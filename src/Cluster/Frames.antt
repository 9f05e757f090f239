-- ===== src/Cluster/Frames.antt =====
-- crates/trust-kernel/src/cluster_mux.rs: `MuxFrame`, `MuxError`, and what comes off a socket.
-- Durations (`server_latency_us`) are left out of the frames, as nothing decides by them.
use spaceshuttle.Prelude.{
  ℕ, zero, suc, ◌-◌, List, [], ◌++◌, Option, String, ltb, if◌then◌else◌, length, take, drop, min,
}

pub data MuxFrame : Type 0 where
  -- channel_id, block_index, from_aint, expected_hash, bus_seq
  fetch_frame : ℕ → ℕ → String → Option String → ℕ → MuxFrame
  -- channel_id, block_index, from_aint, payload_size, raw_size, content_hash, ed25519_seal, bus_seq
  store_frame : ℕ → ℕ → String → ℕ → ℕ → String → String → ℕ → MuxFrame
  -- channel_id, from_aint
  ping_frame : ℕ → String → MuxFrame
  -- channel_id, status, block_index, content_hash, payload_size, raw_size, tibet_token_id, error
  response_frame : ℕ → ℕ → ℕ → String → ℕ → ℕ → String → Option String → MuxFrame

unfoldable pub channel_id : MuxFrame → ℕ
channel_id (fetch_frame channel _ _ _ _) = channel
channel_id (store_frame channel _ _ _ _ _ _ _) = channel
channel_id (ping_frame channel _) = channel
channel_id (response_frame channel _ _ _ _ _ _ _) = channel

pub data IoError : Type 0 where
  unexpected_eof : IoError
  invalid_data : String → IoError

-- A read returns, fails, or is still in its loop when the rounds given to it are used up.
pub data IoResult {ℓ} (A : Type ℓ) : Type ℓ where
  io_ok : A → IoResult A
  io_err : IoError → IoResult A
  out_of_fuel : IoResult A

-- An I/O error is carried as it is, not as its text.
pub data MuxError : Type 0 where
  connect_error : String → MuxError
  not_connected : MuxError
  io_error : IoError → MuxError
  protocol_error : String → MuxError
  remote_error : String → MuxError
  -- status, error
  remote_status : ℕ → String → MuxError
  -- expected, got
  integrity_failed : String → String → MuxError
  -- A read that is still in its loop.
  still_reading : MuxError
  -- Not an error of the code: the payload sent is not as long as its frame announces, so that the reader
  -- and the writer lose step. What is read from then on is not modelled.
  out_of_step : MuxError

-- `Result<_, MuxError>`
pub data Answer {ℓ} (A : Type ℓ) : Type ℓ where
  answered : A → Answer A
  refused : MuxError → Answer A

unfoldable pub read_exact : ℕ → List ℕ → IoResult (List ℕ × List ℕ)
read_exact n stream =
    if ltb (length stream) n then io_err unexpected_eof else io_ok (take n stream, drop n stream)

-- What one round of the loop goes on with.
abbrev pub then_read :
    (List ℕ → List ℕ → IoResult (List ℕ × List ℕ × List ℕ))
    → IoResult (List ℕ × List ℕ)
    → IoResult (List ℕ × List ℕ × List ℕ)
then_read next (io_ok (chunk, rest)) = next chunk rest
then_read next (io_err e) = io_err e
then_read next out_of_fuel = out_of_fuel

-- `while offset < payload_size`, in chunks of 64 KB: `remaining` is payload_size - offset, `buffer` what
-- was read so far, `hashed` what the hasher was given.
unfoldable pub read_chunks : ℕ → ℕ → List ℕ → List ℕ → List ℕ → IoResult (List ℕ × List ℕ × List ℕ)
unfolding read_exact
read_chunks fuel zero buffer hashed stream = io_ok (buffer, hashed, stream)
read_chunks zero (suc n) buffer hashed stream = out_of_fuel
read_chunks (suc fuel) (suc n) buffer hashed stream =
    let size = min 65536 (suc n) in
    then_read
      (λ chunk rest. read_chunks fuel (suc n - size) (buffer ++ chunk) (hashed ++ chunk) rest)
      (read_exact size stream)

module _ (sha256_hex : List ℕ → String) where
  abbrev pub finalize : IoResult (List ℕ × List ℕ × List ℕ) → IoResult (List ℕ × String × List ℕ)
  finalize (io_ok (buffer, hashed, rest)) = io_ok (buffer, sha256_hex hashed, rest)
  finalize (io_err e) = io_err e
  finalize out_of_fuel = out_of_fuel

  -- The payload, its hash and the rest of the stream. A round reads a byte or more, so `payload_size`
  -- rounds are enough.
  unfoldable pub read_payload_streaming : ℕ → List ℕ → IoResult (List ℕ × String × List ℕ)
  unfolding read_chunks
  read_payload_streaming payload_size stream =
      finalize (read_chunks payload_size payload_size [] [] stream)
* * * * *
Problem description: The answer should be one number: how many lines of the data above contain "finalize".

Response: 5